■ Task: Look through the entries and report how many lines include the word "keys". Give the number alone.

■ Entries shown:
-- ===== src/Mirror/Converge/Expected.antt =====
-- What `converge` leaves in the repo, path by path.
use workspace_api.Base.{
  ◌≡◌, refl, sym, ap, ◌∙◌, Bool, true, false, not, ◌&&◌, ◌||◌, Option, none, some, List, [], ◌∷◌,
  Text, same, same→eq, has_prefix, has_suffix, codes, is_some, map, lookup, insert, lookup-insert,
  Map, mem, mem-keys, mem-sort, keys, M, if◌then◌else◌, arith, Option-cases, inl, inr,
}
use workspace_api.Model.{CommitAuthor, DefinitionFile, DefinitionRender, RepoFileEntry}
use workspace_api.Mirror.World.{RepoClient, World, Mirror}
use workspace_api.Mirror.Files.{
  partition_pipeline_tree, is_definition_path, is_credential_path, yaml_suffix, age_suffix,
  sorted_paths,
}
use workspace_api.Mirror.Effects.{IsRepo, Leaves, Sets, for_each-Sets}
use workspace_api.Mirror.Converge.{for_path, upsert_file, upsert_files}
use workspace_api.Mirror.Converge.Steps.{without_rendered, upsert_file_own, upsert_file_other}

-- The paths of the two maps: one entry of the tree, by the tests on its path.
module _ {X : Type 0} (f : X → Bool) (skipped as_age as_yaml : X) (listed d m s : Bool) where
  place_yaml :
      (a b c : Bool)
      → f skipped ≡ (listed || (d && m))
      → f as_age ≡ (listed || (d && m))
      → f as_yaml ≡ ((s || listed) || (d && m))
      → (s ≡ true → d ≡ (a && (not b && c)))
      → f (if not a then skipped else (if b then as_age else if c then as_yaml else skipped))
        ≡ (listed || (d && (s || m)))
  place_yaml true true c h k l e = ground arith
  place_yaml true false true h k l e = ground arith
  place_yaml true false false h k l e = ground arith
  place_yaml false b c h k l e = ground arith

  place_age :
      (a b c : Bool)
      → f skipped ≡ (listed || (d && m))
      → f as_age ≡ ((s || listed) || (d && m))
      → f as_yaml ≡ (listed || (d && m))
      → (s ≡ true → d ≡ (a && b))
      → f (if not a then skipped else (if b then as_age else if c then as_yaml else skipped))
        ≡ (listed || (d && (s || m)))
  place_age true true c h k l e = ground arith
  place_age true false true h k l e = ground arith
  place_age true false false h k l e = ground arith
  place_age false b c h k l e = ground arith

nothing : (a b : Bool) → a ≡ (a || (b && false))
nothing a b = ground arith

is_some-insert :
    (q k : Text) (v : Text) (files : Map Text)
    → is_some (lookup q (insert k v files)) ≡ (same k q || is_some (lookup q files))
is_some-insert q k v files = ground (arith, lookup-insert k q v files)

pub lookup-partition_yaml :
    (q : Text) (tree : List RepoFileEntry) (yaml age : Map Text)
    → is_some (lookup q (partition_pipeline_tree tree (yaml, age)).0)
      ≡ (is_some (lookup q yaml) || (is_definition_path q && mem q (map (λ e. e.path) tree)))
unfolding partition_pipeline_tree mem
lookup-partition_yaml q [] yaml age = nothing (is_some (lookup q yaml)) (is_definition_path q)
lookup-partition_yaml q (e ∷ tree) yaml age =
    place_yaml {X = Map Text × Map Text} (λ x. is_some (lookup q x.0)) _ _ _ _ _ _ (same e.path q)
      (has_prefix (codes "pipelines/") e.path) (has_suffix age_suffix e.path)
      (has_suffix yaml_suffix e.path) (lookup-partition_yaml q tree yaml age)
      (lookup-partition_yaml q tree yaml (insert e.path e.sha age))
      (lookup-partition_yaml q tree (insert e.path e.sha yaml) age
        ∙ ap (λ b. b || (is_definition_path q && mem q (map (λ r. r.path) tree)))
            (is_some-insert q e.path e.sha yaml))
      (λ h. ap is_definition_path (sym (same→eq e.path q h)))

pub lookup-partition_age :
    (q : Text) (tree : List RepoFileEntry) (yaml age : Map Text)
    → is_some (lookup q (partition_pipeline_tree tree (yaml, age)).1)
      ≡ (is_some (lookup q age) || (is_credential_path q && mem q (map (λ e. e.path) tree)))
unfolding partition_pipeline_tree mem
lookup-partition_age q [] yaml age = nothing (is_some (lookup q age)) (is_credential_path q)
lookup-partition_age q (e ∷ tree) yaml age =
    place_age {X = Map Text × Map Text} (λ x. is_some (lookup q x.1)) _ _ _ _ _ _ (same e.path q)
      (has_prefix (codes "pipelines/") e.path) (has_suffix age_suffix e.path)
      (has_suffix yaml_suffix e.path) (lookup-partition_age q tree yaml age)
      (lookup-partition_age q tree yaml (insert e.path e.sha age)
        ∙ ap (λ b. b || (is_credential_path q && mem q (map (λ r. r.path) tree)))
            (is_some-insert q e.path e.sha age))
      (lookup-partition_age q tree (insert e.path e.sha yaml) age)
      (λ h. ap is_credential_path (sym (same→eq e.path q h)))

pub mem-sorted_paths :
    {V : Type 0} (q : Text) (files : Map V) → mem q (sorted_paths files) ≡ is_some (lookup q files)
unfolding sorted_paths
mem-sorted_paths q files = mem-sort q (keys files) ∙ mem-keys q files

-- The file of a path after the definitions are written, and after stale ones are collected.
abbrev pub overlay : Option DefinitionFile → Option Text → Option Text
overlay none v = v
overlay (some df) v = some df.content

abbrev pub collected : Bool → Bool → Option Text → Option Text
collected exists wanted v = if exists then if wanted then v else without_rendered v else v

-- What `converge` promises of a path: a desired definition has the rendered content; another
-- definition file that opens with the header of a rendered one is gone; any other file is as before.
unfoldable pub expected : Option DefinitionFile → Bool → Option Text → Option Text
expected none is_definition v = if is_definition then without_rendered v else v
expected (some df) is_definition v = some df.content

pub without_rendered_idem :
    (v : Option Text) → without_rendered (without_rendered v) ≡ without_rendered v
without_rendered_idem none = refl
without_rendered_idem (some c) = ground arith

overlay_idem : (o : Option DefinitionFile) (v : Option Text) → overlay o (overlay o v) ≡ overlay o v
overlay_idem none v = refl
overlay_idem (some df) v = refl

listed_overlay :
    (o : Option DefinitionFile) (b : Bool)
    → b ≡ is_some o
    → (v : Option Text) → (if b then overlay o v else v) ≡ overlay o v
listed_overlay none b e v = rw e
listed_overlay (some df) b e v = rw e

module _ {R : Type 0} (file : R → Text → Option Text) where
  pub Leaves-for_path :
      {V : Type 0} (files : Map V) (step : Text → V → M (World R) (Unit {0})) (p q : Text)
      → ((v : V) → lookup p files ≡ some v → Leaves file (step p v) q)
      → Leaves file (for_path files step p) q
  unfolding for_path
  Leaves-for_path files step p q h w = elim (Option-cases (lookup p files)) [
    | inl e ↦ rw (for_path, e)
    | inr (v, e) ↦ rw (for_path, e, h v e w)
  ]

  pub Sets-for_path :
      {V : Type 0} (files : Map V) (step : Text → V → M (World R) (Unit {0})) (p : Text)
      (f : Option V → Option Text → Option Text)
      → ((v : Option Text) → f none v ≡ v)
      → ((v : V) → lookup p files ≡ some v → Sets file (step p v) p (f (some v)))
      → Sets file (for_path files step p) p (f (lookup p files))
  unfolding for_path
  Sets-for_path files step p f z h w t k = elim (Option-cases (lookup p files)) [
    | inl e ↦
        rw e (sym (ap (λ r. file r.1.repo p) (rw (for_path, e) at k)) ∙ sym (z (file w.repo p)))
    | inr (v, e) ↦ rw e (h v e w t (rw (for_path, e) at k))
  ]

  module _ (client : RepoClient R) (repo : IsRepo client file) (author : Option CommitAuthor) where
    -- The loop over the desired definitions.
    pub upsert_files-Sets :
        (m : Mirror R) (slug : Text) (desired : Map DefinitionFile) (existing : Map Text)
        (renders : Map DefinitionRender) (q : Text)
        → Sets file
            (upsert_files m client slug author desired existing renders)
            q
            (overlay (lookup q desired))
    unfolding upsert_files
    upsert_files-Sets m slug desired existing renders q w t h =
        let step = λ (p : Text). λ (df : DefinitionFile).
          upsert_file m client slug author renders p df (lookup p existing) in
        for_each-Sets file (for_path desired step) (λ p. overlay (lookup p desired))
          (λ p r e. Leaves-for_path desired step p r λ df _.
            upsert_file_other file client repo author m slug renders p df (lookup p existing) r e)
          (λ p.
            Sets-for_path desired step p overlay (λ v. refl)
              λ df _.
                upsert_file_own file client repo author m slug renders p df (lookup p existing))
          (λ p v. overlay_idem (lookup p desired) v) (sorted_paths desired) q w t h
        ∙ listed_overlay (lookup q desired) (mem q (sorted_paths desired))
            (mem-sorted_paths q desired) (file w.repo q)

■ Exercise response: 2